Неужели двадцатитрехлетний сын мельника из набожного ремесленного Лейдена, где ему явно становилось тесно и скучно, уже дерзновенно воображал себя воплощением Гения? Неудивительно, что уроженец Утрехта Арнаут ван Бухелл, познакомившийся с Рембрандтом в 1628 году, счел, что тот «снискал несколько преждевременную славу»[44]. Впрочем, Рембрандт вовсе не видел себя гением в современном смысле этого слова, то есть превосходящей свое окружение фигурой, которая ведет непрерывную жестокую войну с культурой, судьбою данной ему от рождения, признает ответственность только перед собственным образом музы и наслаждается отчуждением. Отчуждение и одиночество действительно выпали Рембрандту на долю, но это произошло позднее и не по его воле. С другой стороны, не стоит недооценивать причудливой оригинальности, которую сам он осознал столь рано. «Ingenium» означает нечто большее, нежели просто ум.

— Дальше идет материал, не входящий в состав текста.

-- ===== src/Cli/Policy/Patterns.antt =====
-- What the words of the command patterns look like: the family's name stands first, a port last.
use prisma_sdwan_mcp.Prelude.{
  ◌==◌, All, ℕ, zero, suc, String, ◌≡◌, refl, sym, ap, ◌∙◌, inl, inr, Bool, true, false, none, some,
  [], ◌∷◌, ◌++◌, append_assoc, arith,
}
use prisma_sdwan_mcp.Prelude.Text.{Text, codes, in_range, is_space, is_digit}
use prisma_sdwan_mcp.Re.{Re, chr, seq, up_to}
use prisma_sdwan_mcp.Re.Language.{Matches, seq_parts, chr_word, eps_word, lit_word, opt_parts}
use prisma_sdwan_mcp.Cli.Policy.{
  char, Family, dump, inspect, ping, tcpping, dig, family_name, read_only_pattern, port,
  tcpping_pattern, pattern_of, after_last,
}

up_to_digits :
    (n : ℕ) {w : Text} → Matches (up_to n (chr is_digit)) w → All (λ c. is_digit c ≡ true) w
up_to_digits zero m = rw (eps_word m) tt
up_to_digits (suc n) m = elim (opt_parts m) [
  | inl k ↦
      let (u, v, mu, mv, e) = seq_parts k in
      let (c, h, l) = chr_word mu in rw (e, l) (h, up_to_digits n mv)
  | inr e ↦ rw e tt
]

-- A word of `_PORT` is a digit and further digits.
pub port_digits : {w : Text} → Matches port w → All (λ c. is_digit c ≡ true) w
port_digits m =
    let (u, v, mu, mv, e) = seq_parts m in
    let (c, h, l) = chr_word mu in rw (e, l) (h, up_to_digits 4 mv)

not_colon_of_digit : (c : ℕ) → is_digit c ≡ true → (c == b':') ≡ false
unfolding is_digit in_range
not_colon_of_digit c h = ground arith

after_last-none : (s : Text) → All (λ c. is_digit c ≡ true) s → after_last b':' s ≡ none
unfolding after_last
after_last-none [] h = refl
after_last-none (c ∷ s) (d, h) = rw (after_last-none s h, not_colon_of_digit c d)

-- Digits behind a colon are what stands behind the last colon.
pub after_last-digits :
    (pre p : Text) → All (λ c. is_digit c ≡ true) p → after_last b':' (pre ++ b':' ∷ p) ≡ some p
unfolding after_last
after_last-digits [] p h = rw (after_last-none p h)
after_last-digits (c ∷ pre) p h = rw (after_last-digits pre p h)

abbrev EndsInPort : Text → Type 0
EndsInPort w = (pre p : Text) × (w ≡ pre ++ b':' ∷ p) × All (λ c. is_digit c ≡ true) p

-- What ends the second part of a sequence ends the whole.
behind :
    (a b : Re)
    → ((v : Text) → Matches b v → EndsInPort v)
    → (w : Text) → Matches (seq a b) w
    → EndsInPort w
behind a b last w m =
    let (u, v, mu, mv, e) = seq_parts m in
    let (pre, p, l, ds) = last v mv in
    (u ++ pre, p, rw (e, l) (sym (append_assoc u pre (b':' ∷ p))), ds)

colon_port : (w : Text) → Matches (seq (char b':') port) w → EndsInPort w
colon_port w m =
    let (u, v, mu, mv, e) = seq_parts m in
    let (c, h, l) = chr_word mu in
    let colon : c ≡ b':' = ground arith in ([], v, rw (e, l, colon) refl, port_digits mv)

-- A word of the `tcpping` form ends in a colon and a port.
pub tcpping_port : (w : Text) → Matches tcpping_pattern w → EndsInPort w
tcpping_port = behind _ _ (behind _ _ (behind _ _ (behind _ _ colon_port)))

-- The word begins with a character that passes the test.
abbrev Headed : (ℕ → Bool) → Text → Type 0
Headed p w = (c : ℕ) × (rest : Text) × (p c ≡ true) × (w ≡ c ∷ rest)

chr-Headed : (p : ℕ → Bool) (w : Text) → Matches (chr p) w → Headed p w
chr-Headed p w m = let (c, h, e) = chr_word m in (c, [], h, e)

seq-Headed :
    (p : ℕ → Bool) (a b : Re)
    → ((u : Text) → Matches a u → Headed p u)
    → (w : Text) → Matches (seq a b) w
    → Headed p w
seq-Headed p a b first w m =
    let (u, v, mu, mv, e) = seq_parts m in
    let (c, rest, h, l) = first u mu in (c, rest ++ v, h, rw (e, l) refl)

-- A literal text and a headed word behind it.
abbrev Named : String → Text → Type 0
Named name w = (c : ℕ) × (rest : Text) × (is_space c ≡ true) × (w ≡ codes name ++ c ∷ rest)

read_only-Named :
    (f : Family) (w : Text) → Matches (read_only_pattern f) w → Named (family_name f) w
read_only-Named f w m =
    let (u, v, mu, mv, e) = seq_parts m in
    let (c, rest, h, l) =
      seq-Headed is_space _ _
        (seq-Headed is_space _ _
          (seq-Headed is_space _ _ (seq-Headed is_space _ _ (chr-Headed is_space))))
        v mv in
    (c, rest, h, rw (e, l, lit_word (codes (family_name f)) mu) refl)

-- Every word of a form begins with the family's name and a space.
pub name_first : (f : Family) (w : Text) → Matches (pattern_of f) w → Named (family_name f) w
unfolding pattern_of is_space
name_first dump w m = read_only-Named dump w m
name_first inspect w m = read_only-Named inspect w m
name_first ping w m =
    let (u, v, mu, mv, e) = seq_parts m in
    (32, v, refl, e ∙ ap (λ t. t ++ v) (lit_word (codes "ping ") mu))
name_first tcpping w m =
    let (u, v, mu, mv, e) = seq_parts m in
    (32, v, refl, e ∙ ap (λ t. t ++ v) (lit_word (codes "tcpping ") mu))
name_first dig w m =
    let (u, v, mu, mv, e) = seq_parts m in
    (32, v, refl, e ∙ ap (λ t. t ++ v) (lit_word (codes "dig ") mu))
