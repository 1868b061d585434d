-- ===== src/Cli/Policy/Accepted.antt =====
-- A command is accepted exactly when it is clean text, a word of one of the five forms and, if it
-- is a `tcpping`, its port is in range.
use prisma_sdwan_mcp.Prelude.{
  leb→le, le→leb, Bool-cases, and_parts, any, All, In, ℕ, ◌≤◌, ◌≡◌, refl, sym, ◌∙◌, subst, ◌≢◌, ◌↔◌,
  inl, inr, Bool, true, false, List, [], ◌∷◌, ◌++◌, arith,
}
use prisma_sdwan_mcp.Prelude.Text.{Text, codes, is_digit, text_eq, text_eq→eq, text_eq_refl, strip}
use prisma_sdwan_mcp.Prelude.Int.{decimal_from}
use prisma_sdwan_mcp.Re.{fullmatch}
use prisma_sdwan_mcp.Re.Language.{Matches, fullmatch_iff}
use prisma_sdwan_mcp.Cli.Policy.{
  Family, dump, inspect, ping, tcpping, dig, family_name, pattern_of, families, is_control,
  after_last, port_group, port_ok, first_match, validate_text,
}
use prisma_sdwan_mcp.Cli.Policy.Patterns.{after_last-digits, tcpping_port, name_first}

-- The text ends in a colon and digits whose value is a port number.
abbrev pub PortInRange : Family → Text → Type 0
PortInRange tcpping c =
    (pre p : Text) × (c ≡ pre ++ b':' ∷ p)
    × All (λ d. is_digit d ≡ true) p
    × (1 ≤ decimal_from 0 p)
    × (decimal_from 0 p ≤ 65535)
PortInRange _ c = Unit

pub record IsApproved (c : Text) : Type 0 where
  pub family : Family
  pub word : Matches (pattern_of family) c
  pub port_in_range : PortInRange family c
  pub not_empty : c ≢ []
  pub trimmed : strip c ≡ c
  pub printable : All (λ d. is_control d ≡ false) c

-- What the loop found, if it approved.
abbrev Found : Text → List Family → Type 0
Found c fs =
    (f : Family) × In f fs × (fullmatch (pattern_of f) c ≡ true) × (port_ok (port_group f c) ≡ true)

first_match_sound : (c : Text) (fs : List Family) → (first_match c fs).allowed ≡ true → Found c fs
unfolding first_match
first_match_sound c [] h = cc
first_match_sound c (f ∷ fs) h = elim (Bool-cases (fullmatch (pattern_of f) c)) [
  | inl m ↦ elim (Bool-cases (port_ok (port_group f c))) [
    | inl k ↦ (f, inl refl, m, k)
    | inr k ↦ cc (rw (m, k) at h)
  ]
  | inr m ↦ let (g, i, n, k) = first_match_sound c fs (rw m at h) in (g, inr i, n, k)
]

port_ok_sound :
    (f : Family) (c : Text)
    → Matches (pattern_of f) c
    → port_ok (port_group f c) ≡ true
    → PortInRange f c
unfolding pattern_of port_ok port_group
port_ok_sound tcpping c m h =
    let (pre, p, e, ds) = tcpping_port c m in
    let (lo, hi) = and_parts _ _ (rw (e, after_last-digits pre p ds) at h) in
    (pre, p, e, ds, leb→le _ _ lo, leb→le _ _ hi)
port_ok_sound dump c m h = tt
port_ok_sound inspect c m h = tt
port_ok_sound ping c m h = tt
port_ok_sound dig c m h = tt

any-false : (p : ℕ → Bool) (s : Text) → any p s ≡ false → All (λ c. p c ≡ false) s
any-false p [] h = tt
any-false p (c ∷ s) h = (ground arith, any-false p s (ground arith))

-- An accepted command meets every condition of `IsApproved`.
pub validate_text_sound : (c : Text) → (validate_text c).allowed ≡ true → IsApproved c
unfolding validate_text
validate_text_sound [] h = cc
validate_text_sound (x ∷ s) h = elim (Bool-cases (text_eq (x ∷ s) (strip (x ∷ s)))) [
  | inl t ↦ elim (Bool-cases (any is_control (x ∷ s))) [
    | inl k ↦ cc (rw (t, k) at h)
    | inr k ↦
        let (f, i, m, p) = first_match_sound (x ∷ s) families (rw (t, k) at h) in
        let word = (fullmatch_iff (pattern_of f) (x ∷ s)).0 m in
        record {
          family = f;
          word = word;
          port_in_range = port_ok_sound f (x ∷ s) word p;
          not_empty = λ e. cc;
          trimmed = sym (text_eq→eq (x ∷ s) (strip (x ∷ s)) t);
          printable = any-false is_control (x ∷ s) k;
        }
  ]
  | inr t ↦ cc (rw t at h)
]

-- The first character of a form tells `tcpping` from the others.
same_head :
    (f : Family) (r s : Text) → codes (family_name f) ++ r ≡ codes "tcpping" ++ s → f ≡ tcpping
unfolding codes
same_head tcpping r s e = refl
same_head dump r s e = absurd (ground arith)
same_head inspect r s e = absurd (ground arith)
same_head ping r s e = absurd (ground arith)
same_head dig r s e = absurd (ground arith)

tcpping_alone :
    (f : Family) (c : Text)
    → Matches (pattern_of f) c
    → Matches (pattern_of tcpping) c
    → f ≡ tcpping
tcpping_alone f c m n =
    let (x, r, h, e) = name_first f c m in
    let (y, s, k, l) = name_first tcpping c n in same_head f (x ∷ r) (y ∷ s) (sym e ∙ l)

PortInRange-ok : (c : Text) → PortInRange tcpping c → port_ok (after_last b':' c) ≡ true
unfolding port_ok
PortInRange-ok c (pre, p, e, ds, lo, hi) =
    rw (e, after_last-digits pre p ds, le→leb _ _ lo, le→leb _ _ hi) refl

-- Every form that an approved command matches has its port in range.
ports_ok :
    (c : Text) (good : IsApproved c) (g : Family)
    → Matches (pattern_of g) c
    → port_ok (port_group g c) ≡ true
unfolding port_ok port_group
ports_ok c good tcpping m =
    PortInRange-ok c
      (subst (λ f. PortInRange f c) (tcpping_alone good.family c good.word m) good.port_in_range)
ports_ok c good dump m = refl
ports_ok c good inspect m = refl
ports_ok c good ping m = refl
ports_ok c good dig m = refl

first_match_complete :
    (c : Text) (fs : List Family) (f : Family)
    → ((g : Family) → Matches (pattern_of g) c → port_ok (port_group g c) ≡ true)
    → In f fs
    → Matches (pattern_of f) c
    → (first_match c fs).allowed ≡ true
unfolding first_match
first_match_complete c [] f ports i m = absurd i
first_match_complete c (g ∷ fs) f ports i m = elim (Bool-cases (fullmatch (pattern_of g) c)) [
  | inl h ↦ rw (h, ports g ((fullmatch_iff (pattern_of g) c).0 h)) refl
  | inr h ↦ elim i [
    | inl e ↦
        let word : fullmatch (pattern_of g) c ≡ true =
          rw (← e) ((fullmatch_iff (pattern_of f) c).1 m) in
        cc
    | inr j ↦ rw h (first_match_complete c fs f ports j m)
  ]
]

In-families : (f : Family) → In f families
In-families dump = inl refl
In-families inspect = inr (inl refl)
In-families ping = inr (inr (inl refl))
In-families tcpping = inr (inr (inr (inl refl)))
In-families dig = inr (inr (inr (inr (inl refl))))

any-of-All : (p : ℕ → Bool) (s : Text) → All (λ c. p c ≡ false) s → any p s ≡ false
any-of-All p [] h = refl
any-of-All p (c ∷ s) (e, h) = rw (e, any-of-All p s h) refl

validate_text_complete : (c : Text) → IsApproved c → (validate_text c).allowed ≡ true
unfolding validate_text
validate_text_complete [] good = absurd (good.not_empty refl)
validate_text_complete (x ∷ s) good =
    let c = x ∷ s in
    rw (good.trimmed, text_eq_refl c, any-of-All is_control c good.printable)
      (first_match_complete c families good.family (ports_ok c good) (In-families good.family)
        good.word)

-- The policy accepts exactly the commands that `IsApproved` describes.
pub allowed_iff : (c : Text) → ((validate_text c).allowed ≡ true) ↔ IsApproved c
allowed_iff c = (validate_text_sound c, validate_text_complete c)
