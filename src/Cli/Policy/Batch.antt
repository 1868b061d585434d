-- ===== src/Cli/Policy/Batch.antt =====
-- cli/policy.py: when a batch is accepted.
use prisma_sdwan_mcp.Prelude.{
  ltb, if◌then◌else◌, ltb→lt, Bool-cases, length, any, All, ℕ, ◌≤◌, ◌≡◌, refl, ◌↔◌, inl, inr, true,
  false, not, Option, none, some, List, [], ◌∷◌, map, arith,
}
use prisma_sdwan_mcp.Prelude.Result.{Result, ok}
use prisma_sdwan_mcp.Config.{Env, ConfigError, get_ion_max_commands}
use prisma_sdwan_mcp.Cli.Policy.{
  Command, validate_command, too_many, BatchDecision, rejected, sequence, decide_batch,
  validate_batch,
}

abbrev pub AllApproved : List Command → Type 0
AllApproved cs = All (λ c. (validate_command c).allowed ≡ true) cs

any_denied-none :
    (cs : List Command)
    → any (λ d. not d.allowed) (map validate_command cs) ≡ false
    → AllApproved cs
any_denied-none [] h = tt
any_denied-none (c ∷ cs) h = (ground arith, any_denied-none cs (ground arith))

none-any_denied :
    (cs : List Command)
    → AllApproved cs
    → any (λ d. not d.allowed) (map validate_command cs) ≡ false
none-any_denied [] h = refl
none-any_denied (c ∷ cs) (p, h) = rw p (none-any_denied cs h)

-- What the limit is: the argument, or the configured one.
abbrev pub limit_of : Env → Option ℕ → Result ConfigError ℕ
limit_of env none = get_ion_max_commands env
limit_of env (some n) = ok n

abbrev pub IsAcceptable : ℕ → List Command → Type 0
IsAcceptable limit cs = (1 ≤ length cs) × (length cs ≤ limit) × AllApproved cs

decide_batch_sound :
    (cs : List Command)
    → (decide_batch (map validate_command cs)).allowed ≡ true
    → (1 ≤ length cs) × AllApproved cs
unfolding decide_batch
decide_batch_sound [] h = cc
decide_batch_sound (c ∷ cs) h =
    elim (Bool-cases (any (λ d. not d.allowed) (map validate_command (c ∷ cs)))) [
      | inl e ↦ cc (rw e at h)
      | inr e ↦ (omega arith, any_denied-none (c ∷ cs) e)
    ]

decide_batch_complete :
    (cs : List Command)
    → 1 ≤ length cs
    → AllApproved cs
    → (decide_batch (map validate_command cs)).allowed ≡ true
unfolding decide_batch
decide_batch_complete [] h k = absurd (omega arith)
decide_batch_complete (c ∷ cs) h k = rw (none-any_denied (c ∷ cs) k) refl

decide : ℕ → List Command → BatchDecision
decide limit cs =
    if ltb limit (length cs)
    then rejected [] (too_many (length cs) limit)
    else decide_batch (map validate_command cs)

validate_batch-decide :
    (env : Env) (max_commands : Option ℕ) (limit : ℕ) (cs : List Command)
    → limit_of env max_commands ≡ ok limit
    → validate_batch env (sequence cs) max_commands ≡ ok (decide limit cs)
unfolding validate_batch decide
validate_batch-decide env none limit cs h = rw h (ground arith)
validate_batch-decide env (some n) limit cs h = ground arith

-- With a limit that can be read, `validate_batch` answers, and it accepts the batch exactly when the
-- batch is not empty, does not pass the limit and has only commands that are accepted.
pub validate_batch_iff :
    (env : Env) (max_commands : Option ℕ) (limit : ℕ) (cs : List Command)
    → limit_of env max_commands ≡ ok limit
    → (d : BatchDecision) × (validate_batch env (sequence cs) max_commands ≡ ok d)
      × ((d.allowed ≡ true) ↔ IsAcceptable limit cs)
unfolding decide
validate_batch_iff env max_commands limit cs h = (
  decide limit cs,
  validate_batch-decide env max_commands limit cs h,
  elim (Bool-cases (ltb limit (length cs))) [
    | inl e ↦ rw e (λ x. cc, λ ok. absurd (omega (arith, ltb→lt limit (length cs) e)))
    | inr e ↦ rw e (
      λ x. let (a, b) = decide_batch_sound cs x in (a, ground arith, b),
      λ ok. decide_batch_complete cs ok.0 ok.2,
    )
  ],
)
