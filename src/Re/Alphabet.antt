-- ===== src/Re/Alphabet.antt =====
-- What holds of every character that a pattern names holds of every character of its words.
use prisma_sdwan_mcp.Prelude.{==→eq, All, All-append, ℕ, ◌≡◌, true, [], ◌∷◌}
use prisma_sdwan_mcp.Prelude.Text.{Text}
use prisma_sdwan_mcp.Re.{Re, eps, chr, seq, alt, star, lazy, lit}
use prisma_sdwan_mcp.Re.Language.{
  Matches, m_eps, m_chr, m_seq, m_left, m_right, m_star_nil, m_star, m_lazy_nil, m_lazy,
}

-- Every character class of the pattern implies `P`.
abbrev pub Over : (ℕ → Type 0) → Re → Type 0
Over P eps = Unit
Over P (chr p) = (c : ℕ) → p c ≡ true → P c
Over P (seq a b) = Over P a × Over P b
Over P (alt a b) = Over P a × Over P b
Over P (star r) = Over P r
Over P (lazy r) = Over P r

pub Matches-Over : (P : ℕ → Type 0) {r : Re} {w : Text} → Over P r → Matches r w → All P w
Matches-Over P o m_eps = tt
Matches-Over P o (m_chr h) = (o _ h, tt)
Matches-Over P o (m_seq {u = u} {v = v} mu mv e) =
    rw e (All-append P u v (Matches-Over P o.0 mu) (Matches-Over P o.1 mv))
Matches-Over P o (m_left m) = Matches-Over P o.0 m
Matches-Over P o (m_right m) = Matches-Over P o.1 m
Matches-Over P o m_star_nil = tt
Matches-Over P o (m_star {u = u} {v = v} mu mv e) =
    rw e (All-append P u v (Matches-Over P o mu) (Matches-Over P o mv))
Matches-Over P o m_lazy_nil = tt
Matches-Over P o (m_lazy {u = u} {v = v} mu mv e) =
    rw e (All-append P u v (Matches-Over P o mu) (Matches-Over P o mv))

pub lit-Over : (P : ℕ → Type 0) (t : Text) → All P t → Over P (lit t)
lit-Over P [] h = tt
lit-Over P (c ∷ t) (p, h) = (λ d e. rw (==→eq d c e) p, lit-Over P t h)
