-- ===== src/Cli/Policy/Characters.antt =====
-- Which characters an accepted command can hold, and what can stand behind a pipe.
use prisma_sdwan_mcp.Prelude.{
  ◌==◌, ==→eq, Bool-cases, and_parts, or_parts, all, All, In, All-at, all_sound, ℕ, ◌≡◌, refl, sym,
  inl, inr, Bool, true, false, not, ◌||◌, [], ◌∷◌, arith,
}
use prisma_sdwan_mcp.Prelude.Text.{Text, codes, in_range, is_space, is_digit, is_alnum}
use prisma_sdwan_mcp.Re.{Re, chr, seq, star, plus, lit}
use prisma_sdwan_mcp.Re.Alphabet.{Over, Matches-Over, lit-Over}
use prisma_sdwan_mcp.Cli.Policy.Accepted.{validate_text_sound}
use prisma_sdwan_mcp.Cli.Policy.{
  one_of, space, safe_char, safe_argument, grep_char, grep_argument, grep_flag, char, Family, dump,
  inspect, ping, tcpping, dig, family_name, read_only_pattern, port, pattern_of, is_control,
  validate_text,
}

-- The characters that the patterns name, the pipe left out.
unfoldable pub named : ℕ → Bool
named c = grep_char c || is_space c || c == b'"'

one_of-In : (s : Text) (c : ℕ) → one_of s c ≡ true → In c s
unfolding one_of
one_of-In [] c h = cc
one_of-In (d ∷ s) c h = elim (or_parts (d == c) (one_of s c) h) [
  | inl e ↦ inl (sym (==→eq d c e))
  | inr k ↦ inr (one_of-In s c k)
]

alnum-grep : (c : ℕ) → is_alnum c ≡ true → grep_char c ≡ true
unfolding grep_char
alnum-grep c h = rw h

digit-alnum : (c : ℕ) → is_digit c ≡ true → is_alnum c ≡ true
unfolding is_alnum is_digit
digit-alnum c h = ground arith

safe-grep : (c : ℕ) → safe_char c ≡ true → grep_char c ≡ true
unfolding grep_char safe_char one_of codes
safe-grep c h = ground arith

flag-alnum : (c : ℕ) → grep_flag c ≡ true → is_alnum c ≡ true
unfolding grep_flag one_of codes is_alnum in_range
flag-alnum c h = ground arith

abbrev pub IsDiagnostic : Family → Type 0
IsDiagnostic dump = ⊥
IsDiagnostic inspect = ⊥
IsDiagnostic _ = Unit

abbrev pub filter_tail : Re
filter_tail = seq (plus space) (
    seq (lit (codes "grep")) (
      seq (star (seq (plus space) (seq (char b'-') (chr grep_flag))))
        (seq (plus space) (seq grep_argument (star (seq (plus space) grep_argument))))))

pub named-name : (f : Family) → all named (codes (family_name f)) ≡ true
unfolding named grep_char is_alnum is_space one_of codes in_range
named-name dump = refl
named-name inspect = refl
named-name ping = refl
named-name tcpping = refl
named-name dig = refl

-- `forbidden` holds no character that the patterns name.
module _ (forbidden : Text) (apart : all (λ c. not (named c)) forbidden ≡ true) where
  abbrev pub Absent : ℕ → Type 0
  Absent c = one_of forbidden c ≡ false

  named-Absent : (c : ℕ) → named c ≡ true → Absent c
  named-Absent c h = elim (Bool-cases (one_of forbidden c)) [
    | inl k ↦
        let n : not (named c) ≡ true =
          All-at (λ d. not (named d) ≡ true) c forbidden
            (all_sound (λ d. not (named d)) forbidden apart) (one_of-In forbidden c k) in
        cc (rw h at n)
    | inr k ↦ k
  ]

  space-Absent : (c : ℕ) → is_space c ≡ true → Absent c
  unfolding named
  space-Absent c h = named-Absent c (ground arith)

  grep-Absent : (c : ℕ) → grep_char c ≡ true → Absent c
  unfolding named
  grep-Absent c h = named-Absent c (ground arith)

  alnum-Absent : (c : ℕ) → is_alnum c ≡ true → Absent c
  alnum-Absent c h = grep-Absent c (alnum-grep c h)

  safe-Absent : (c : ℕ) → safe_char c ≡ true → Absent c
  safe-Absent c h = grep-Absent c (safe-grep c h)

  digit-Absent : (c : ℕ) → is_digit c ≡ true → Absent c
  digit-Absent c h = alnum-Absent c (digit-alnum c h)

  count-Absent : (c : ℕ) → in_range b'1' b'9' c ≡ true → Absent c
  count-Absent c h = digit-Absent c (unfold is_digit in_range in ground arith)

  word-Absent : (t : Text) → all named t ≡ true → All Absent t
  word-Absent [] h = tt
  word-Absent (c ∷ t) h = let (a, b) = and_parts _ _ h in (named-Absent c a, word-Absent t b)

  argument-Over : Over Absent safe_argument
  argument-Over = (alnum-Absent, safe-Absent)

  grep_argument-Over : Over Absent grep_argument
  grep_argument-Over = (alnum-Absent, grep-Absent)

  pub spaces-Over : Over Absent (plus space)
  spaces-Over = (space-Absent, space-Absent)

  pub arguments-Over : Over Absent (plus (seq (plus space) safe_argument))
  arguments-Over = ((spaces-Over, argument-Over), (spaces-Over, argument-Over))

  pub word-Over : (t : Text) → all named t ≡ true → Over Absent (lit t)
  word-Over t h = lit-Over Absent t (word-Absent t h)

  char-Over : (d : ℕ) → named d ≡ true → Over Absent (char d)
  char-Over d h = λ c e. rw (==→eq c d e) (named-Absent d h)

  flag-Absent : (c : ℕ) → grep_flag c ≡ true → Absent c
  flag-Absent c h = alnum-Absent c (flag-alnum c h)

  port-Over : Over Absent port
  port-Over = (
    digit-Absent,
    ((digit-Absent, ((digit-Absent, ((digit-Absent, ((digit-Absent, tt), tt)), tt)), tt)), tt),
  )

  -- What stands behind the pipe of a filter.
  pub tail-Over : Over Absent filter_tail
  unfolding named grep_char is_alnum is_space one_of codes
  tail-Over = (
    spaces-Over,
    (
      word-Over (codes "grep") refl,
      (
        (spaces-Over, (char-Over b'-' refl, flag-Absent)),
        (spaces-Over, (grep_argument-Over, (spaces-Over, grep_argument-Over))),
      ),
    ),
  )

  pub diagnostic-Over : (f : Family) → IsDiagnostic f → Over Absent (pattern_of f)
  unfolding pattern_of named grep_char is_alnum is_space one_of codes in_range
  diagnostic-Over ping d = (
    word-Over (codes "ping ") refl,
    (
      argument-Over,
      (
        char-Over b' ' refl,
        (
          argument-Over,
          (
            (
              word-Over (codes " args=\"-c ") refl,
              ((count-Absent, word-Over (codes "10") refl), char-Over b'"' refl),
            ),
            tt,
          ),
        ),
      ),
    ),
  )
  diagnostic-Over tcpping d = (
    word-Over (codes "tcpping ") refl,
    (argument-Over, (char-Over b' ' refl, (argument-Over, (char-Over b':' refl, port-Over)))),
  )
  diagnostic-Over dig d = (
    word-Over (codes "dig ") refl,
    (argument-Over, (char-Over b' ' refl, (argument-Over, (char-Over b' ' refl, argument-Over)))),
  )
  diagnostic-Over dump d = absurd d
  diagnostic-Over inspect d = absurd d

  read_only-Over : Absent b'|' → (f : Family) → Over Absent (read_only_pattern f)
  read_only-Over pipe f = (
    word-Over (codes (family_name f)) (named-name f),
    (arguments-Over, ((spaces-Over, ((λ c e. rw (==→eq c b'|' e) pipe), tail-Over)), tt)),
  )

  pattern-Over : Absent b'|' → (f : Family) → Over Absent (pattern_of f)
  unfolding pattern_of
  pattern-Over pipe dump = read_only-Over pipe dump
  pattern-Over pipe inspect = read_only-Over pipe inspect
  pattern-Over pipe ping = diagnostic-Over ping tt
  pattern-Over pipe tcpping = diagnostic-Over tcpping tt
  pattern-Over pipe dig = diagnostic-Over dig tt

-- Shell metacharacters and quotes that no form has a use for.
abbrev pub metacharacters : Text
metacharacters = codes ";&`$<>()\\'!#~@%"

abbrev pub IsPlain : ℕ → Type 0
IsPlain d = (one_of metacharacters d ≡ false) × (is_control d ≡ false)

both-All : (P Q : ℕ → Type 0) (s : Text) → All P s → All Q s → All (λ c. P c × Q c) s
both-All P Q [] h k = tt
both-All P Q (c ∷ s) (p, h) (q, k) = ((p, q), both-All P Q s h k)

metacharacters_apart : all (λ c. not (named c)) metacharacters ≡ true
unfolding named grep_char is_alnum is_space one_of codes
metacharacters_apart = refl

no_pipe : one_of metacharacters b'|' ≡ false
unfolding one_of codes
no_pipe = refl

-- An accepted command holds no shell metacharacter, no line feed or carriage return and no other
-- ASCII control character.
pub approved-IsPlain : (c : Text) → (validate_text c).allowed ≡ true → All IsPlain c
approved-IsPlain c h =
    let found = validate_text_sound c h in
    both-All (λ d. one_of metacharacters d ≡ false) (λ d. is_control d ≡ false) c
      (Matches-Over (λ d. one_of metacharacters d ≡ false)
        (pattern-Over metacharacters metacharacters_apart no_pipe found.family) found.word)
      found.printable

Она предполагает одаренность, божественную искру, и, хотя с деревянной доски на нас взирают две темные глазницы, в сознании персонажа явно зреет одушевленный этой искрой творческий замысел. Может быть, Рембрандт намеренно изобразил своего персонажа в весьма свободной манере, на фоне заурядной обстановки, чтобы чем-то уравновесить в глазах зрителей всю безрассудную гордость своей невероятной творческой затеей. Впрочем, и эта рассчитанная грубость была притворством и лукавством. Дюрер, предмет страстного обожания и неослабевающего интереса всех нидерландских художников, однажды заметил, что

«…способный и опытный художник может даже и в грубой мужицкой фигуре, и в малых вещах более показать свою великую силу и искусство, чем иной в своем большом произведении. Эти странные речи смогут понять лишь большие художники, и они скажут, что я прав. Отсюда следует, что один может в течение одного дня набросать пером на половине листа или вырезать своим резцом из маленького куска дерева нечто более прекрасное и совершенное, нежели большое произведение иного, который делал его с величайшим усердием в течение целого года. Ибо Бог нередко дарует одному человеку такой разум и такие способности учиться и создавать прекрасное, что подобного ему не найдешь ни в его время, ни задолго до него, и после него не скоро появится другой»[45].

41





Ibid.

42

28 декабря 1998 г. Национальное общественное радио США (National Public Radio) в передаче «Принимая все во внимание» («All Things Considered») сообщило об археологической находке, сделанной в устье реки Майами на юге Флориды. Там были случайно обнаружены следы доселе неизвестной науке доисторической флоридской культуры, в первую очередь ряд высеченных на камне кругов. (Подобные круги-петроглифы находили в Северной территории Австралии, в местах археологических раскопок культур, существовавших до прихода аборигенов.) Среди кругов был обнаружен и рисунок, отчетливо воспроизводящий очертания человеческого глаза.

43

Вазари Джорджо. Жизнеописание Микеланджело Буонарроти, флорентийца, живописца, скульптора и архитектора // Вазари Джорджо. Жизнеописания наиболее знаменитых живописцев, ваятелей и зодчих: В 5 т. М., 2011. Т. 5. С. 335–336.

44

RD 1628/I, 61.

45

Дюрер Альбрехт. Из трактата «Четыре книги о пропорциях». Из книги III. «Эстетический экскурс» в конце III книги трактата // Дюрер Альбрехт. Дневники. Письма. Трактаты / Перевод с ранненововерхненемецкого и комментарии Ц. Г. Нессельштраус: В 2 т. Л.; М., 1957. Т. 2. С. 189.